In oktober last year my 1.8T (longitudal) sufferd a timingbelt crash. Wich ment that all of my exhaust valves were bent. So i decided to get a new head.. I have an ANB engine.. so i ordered an AEB head.. Why? because im stupid and cannot read.. So when i got the head i first realized that i had recieved the wrong head when i saw the BIG badass intake ports.. ?? 
But im a 20V I5 guy so i thought hmm ahh flow is nice.. and it was a cheap head asweell. So i swpped it in along with an AEB intake manifold and a South.. something gasket. 

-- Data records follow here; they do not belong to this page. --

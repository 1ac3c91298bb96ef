-- ===== src/RateLimiters.antt =====
-- internal/limit/rate_limiter.go: one rate limiter for each type, made when the type is first used.
-- The token bucket of client-go is a parameter: a limiter is made of a rate and a burst, and
-- answers at a time, by which it changes.
mod Tests
use draino.Prelude.{
  ◌≡◌, refl, String, Bool, true, false, Option, none, some, Dict, lookup, insert, str_eq, arith,
  if◌then◌else◌, lookup-insert, Bool-cases, inl, inr, ◌∙◌, ap,
}
use draino.K8s.{Time}

pub record Configuration (Rate Burst : Type 0) : Type 0 where
  pub qps : Option Rate
  pub burst : Option Burst

-- flowcontrol.NewTokenBucketRateLimiterWithClock and TryAccept.
pub record TokenBucket (Rate Burst Limiter : Type 0) : Type 0 where
  pub new : Rate → Burst → Limiter
  pub accept : Time → Limiter → Bool × Limiter

pub record TypedLimiter (Rate Burst Limiter : Type 0) : Type 0 where
  pub default_qps : Rate
  pub default_burst : Burst
  pub rl_configs : Dict (Configuration Rate Burst)
  pub rate_limiters : Dict Limiter

unfoldable pub or_default : {A : Type 0} → Option A → A → A
or_default none d = d
or_default (some a) d = a

module _ {Rate Burst Limiter : Type 0} (lib : TokenBucket Rate Burst Limiter) where
  -- A type without a configuration, or with a part of one, takes the defaults.
  unfoldable pub new_limiter : TypedLimiter Rate Burst Limiter → String → Limiter
  unfolding or_default
  new_limiter l t = elim (lookup t l.rl_configs) [
    | none ↦ lib.new l.default_qps l.default_burst
    | some c ↦ lib.new (or_default c.qps l.default_qps) (or_default c.burst l.default_burst)
  ]

  -- The limiter of a type, which getRateLimiter puts in the map when it is missing.
  unfoldable pub get_rate_limiter : TypedLimiter Rate Burst Limiter → String → Limiter
  get_rate_limiter l t = elim (lookup t l.rate_limiters) [
    | none ↦ new_limiter l t
    | some limiter ↦ limiter
  ]

  -- The limiter is shared by the map, so what it becomes is what the next call finds.
  unfoldable pub try_accept :
      Time → String → TypedLimiter Rate Burst Limiter → Bool × TypedLimiter Rate Burst Limiter
  unfolding get_rate_limiter
  try_accept now t l =
      let (answer, next) = lib.accept now (get_rate_limiter l t) in
      (answer, record l { rate_limiters = insert t next l.rate_limiters })

  try_accept-limiter :
      (now : Time) (t other : String) (l : TypedLimiter Rate Burst Limiter)
      → get_rate_limiter (try_accept now t l).1 other ≡ (
          if str_eq t other
          then (lib.accept now (get_rate_limiter l t)).1
          else get_rate_limiter l other)
  unfolding get_rate_limiter try_accept new_limiter
  try_accept-limiter now t other l =
      ground
        (arith, lookup-insert t other (lib.accept now (get_rate_limiter l t)).1 l.rate_limiters)

  -- After a request for type `t`, a request for `other` is answered as if the first had not been
  -- made, unless the two types are the same: then the limiter that the first request left answers.
  try_accept-isolated :
      (now later : Time) (t other : String) (l : TypedLimiter Rate Burst Limiter)
      → (try_accept later other (try_accept now t l).1).0 ≡ (
          if str_eq t other
          then (lib.accept later (lib.accept now (get_rate_limiter l t)).1).0
          else (try_accept later other l).0)
  unfolding try_accept
  try_accept-isolated now later t other l = elim (Bool-cases (str_eq t other)) [
    | inl e ↦ rw e (ap (λ k. (lib.accept later k).0) (try_accept-limiter now t other l ∙ rw e refl))
    | inr e ↦ rw e (ap (λ k. (lib.accept later k).0) (try_accept-limiter now t other l ∙ rw e refl))
  ]
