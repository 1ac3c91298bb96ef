-- ===== src/Conditions.antt =====
-- internal/kubernetes/conditions.go: the conditions that the command line gives, as texts such as
-- `Ready={"conditionStatus":"Unknown","delay":"10m"}`. encoding/json and time.ParseDuration are
-- parameters, and so is the type of a rate, which is a float32.
pub mod Parsed
pub mod Tests
use Prim.Native.Char.{code}
use draino.Prelude.{
  ℕ, String, Bool, true, false, List, [], ◌∷◌, Option, none, some, if◌then◌else◌, ◌==◌, str_eq, ℤ,
  pos, ◌*◌, Dict, insert, lookup_text, map,
}
use draino.K8s.{Duration, Node, minute}
use draino.Filters.{SuppliedCondition}
use draino.RateLimiters.{Configuration}

-- strings.SplitN(_, sep, 2), where the separator occurs.
unfoldable pub split_once : ℕ → String → Option (String × String)
split_once sep String.[] = none
split_once sep (String.◌∷◌ c s) =
    let rest : Option (String × String) = elim (split_once sep s) [
      | none ↦ none
      | some (before, after) ↦ some (String.◌∷◌ c before, after)
    ] in
    if code c == sep then some ("", s) else rest

module _ (Rate : Type 0) where
  -- What the JSON of a condition gives.
  pub record RawCondition : Type 0 where
    pub kind : String
    pub status : String
    pub delay : String
    pub priority : ℤ
    pub expected_resolution_time : String
    pub rate_limit_qps : Option Rate
    pub rate_limit_burst : Option ℤ

  pub record ParseLib : Type 0 where
    pub unmarshal : String → Option RawCondition
    pub unmarshal_list : String → Option (List RawCondition)
    pub parse_duration : String → Option Duration

  pub record ParsedCondition : Type 0 where
    pub supplied : SuppliedCondition
    pub priority : ℤ
    pub rate_limit : Configuration Rate ℤ

-- Seven days.
abbrev pub default_expected_resolution_time : Duration
default_expected_resolution_time = pos (7 * 24 * 60 * minute)

module _ {Rate : Type 0} (lib : ParseLib Rate) where
  -- A text that is empty stands for the default, and is not parsed.
  unfoldable pub duration_or : (default : Duration) → String → Option Duration
  duration_or default text = if str_eq text "" then some default else lib.parse_duration text

  unfoldable pub supplied_of :
      (kind : String) → RawCondition Rate → (delay expected : Duration) → ParsedCondition Rate
  supplied_of kind raw delay expected = record {
    supplied = record {
      kind = kind;
      status = if str_eq raw.status "" then "True" else raw.status;
      parsed_delay = delay;
      parsed_expected_resolution_time = expected;
    };
    priority = raw.priority;
    rate_limit = record { qps = raw.rate_limit_qps; burst = raw.rate_limit_burst };
  }

  -- By the two durations, of which either may be an error.
  unfoldable pub with_durations :
      (kind : String)
      → RawCondition Rate
      → (delay expected : Option Duration) → Option (ParsedCondition Rate)
  unfolding supplied_of
  with_durations kind raw none expected = none
  with_durations kind raw (some delay) none = none
  with_durations kind raw (some delay) (some expected) = some (supplied_of kind raw delay expected)

  unfoldable pub condition_of_raw :
      (kind : String) → Option (RawCondition Rate) → Option (ParsedCondition Rate)
  unfolding duration_or with_durations
  condition_of_raw kind none = none
  condition_of_raw kind (some raw) =
      with_durations kind raw (duration_or (pos 0) raw.delay)
        (duration_or default_expected_resolution_time raw.expected_resolution_time)

  unfoldable pub condition_of_parts :
      (whole : String) → Option (String × String) → Option (ParsedCondition Rate)
  unfolding condition_of_raw
  condition_of_parts whole none = condition_of_raw whole (lib.unmarshal "{}")
  condition_of_parts whole (some (kind, json)) = condition_of_raw kind (lib.unmarshal json)

  -- A text without "=" is the type of the condition alone. The type in the JSON is not used.
  unfoldable pub parse_condition : String → Option (ParsedCondition Rate)
  unfolding condition_of_parts split_once
  parse_condition c = condition_of_parts c (split_once b'=' c)

  -- The first error is returned.
  unfoldable pub add_condition :
      Option (ParsedCondition Rate)
      → (rest : Option (List (ParsedCondition Rate))) → Option (List (ParsedCondition Rate))
  add_condition none rest = none
  add_condition (some c) none = none
  add_condition (some c) (some cs) = some (c ∷ cs)

  unfoldable pub parse_conditions : List String → Option (List (ParsedCondition Rate))
  unfolding parse_condition add_condition
  parse_conditions [] = some []
  parse_conditions (c ∷ cs) = add_condition (parse_condition c) (parse_conditions cs)

  -- The conditions of a node's annotation, whose texts are not parsed any further; `none` is an
  -- error.
  unfoldable pub parse_conditions_from_annotation : Node → Option (List (RawCondition Rate))
  parse_conditions_from_annotation n =
      let text = lookup_text "draino.planet.com/conditions" n.annotations in
      if str_eq text "" then some [] else lib.unmarshal_list text

-- A type that is given twice has the configuration of its last condition.
unfoldable pub add_rate_limits :
    {Rate : Type 0}
    → List (ParsedCondition Rate)
    → Dict (Configuration Rate ℤ)
    → Dict (Configuration Rate ℤ)
add_rate_limits [] m = m
add_rate_limits (c ∷ cs) m = add_rate_limits cs (insert c.supplied.kind c.rate_limit m)

unfoldable pub get_rate_limit_configuration :
    {Rate : Type 0} → List (ParsedCondition Rate) → Dict (Configuration Rate ℤ)
unfolding add_rate_limits
get_rate_limit_configuration cs = add_rate_limits cs []
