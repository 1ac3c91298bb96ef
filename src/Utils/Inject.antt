-- ===== src/Utils/Inject.antt =====
-- internal/kubernetes/utils/datamap.go: what a map holds after Inject.
use draino.Prelude.{
  ◌≡◌, String, [], ◌∷◌, Option, none, some, if◌then◌else◌, Dict, lookup, insert, lookup-insert,
  arith, eq_iff, Bool-cases, inl, inr,
}
use draino.Utils.{is_server_side, inject}

-- A dictionary holds each key once.
abbrev pub IsMap : {V : Type 0} → Dict V → Type 0
IsMap [] = Unit
IsMap ((key, v) ∷ m) = (lookup key m ≡ none) × IsMap m

abbrev pub or_else : {V : Type 0} → Option V → Option V → Option V
or_else none o = o
or_else (some v) o = some v

-- A key that starts with an underscore, and a key that the other map lacks, keep what they had, and
-- any other key takes what the other map has, if the other map holds each key once.
inject-lookup :
    {V : Type 0} (other m : Dict V) (key : String)
    → IsMap other
    → lookup key (inject other m)
      ≡ (if is_server_side key then lookup key m else or_else (lookup key other) (lookup key m))
unfolding inject lookup
inject-lookup [] m key h = ground arith
inject-lookup ((k, v) ∷ entries) m key h = elim (Bool-cases (is_server_side k)) [
  | inl e ↦ rw e (ground (arith, inject-lookup entries m key h.1, eq_iff k key, e))
  | inr e ↦ rw e (
      ground (
        arith,
        inject-lookup entries (insert k v m) key h.1,
        lookup-insert k key v m,
        eq_iff k key,
        h.0,
        e,
      ))
]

I wasnt really happy with the K03 so i decided to Buy an eBay K04 just to try and se.. And as if that wasn enough i ordered a tubular manifold from eBay aswell.. just to make sure i have some nice flow.. When all things where put together the car started and didnt run very nice.. it missfired and ran really bad. I used VAG-COM and found out that the O2 sensor had been damaged.. probably during the installation some how.. I changed the O2 sensor and the car ran okey but not very good.. Later I discovered that the FPR also had been damaged by me a was spraying gasoline into the engine wich is not good for anytyhing.. I emtied the engine on oil and changed the FPR and it was upp an running again.. The K04 turbo gave a nice pull and felt really nice.. 

But after like 2 days of testing a knocking sound appears in the engine.. My first thought was that one of the lifters must be damaged. But the knocking sounded more ditinct and hard puncing. 
I used a stetoscope and litened to the head.. heard notting!! listened to the block.. and there it was.. klonk klonk klonk.. with a metallic sound.. 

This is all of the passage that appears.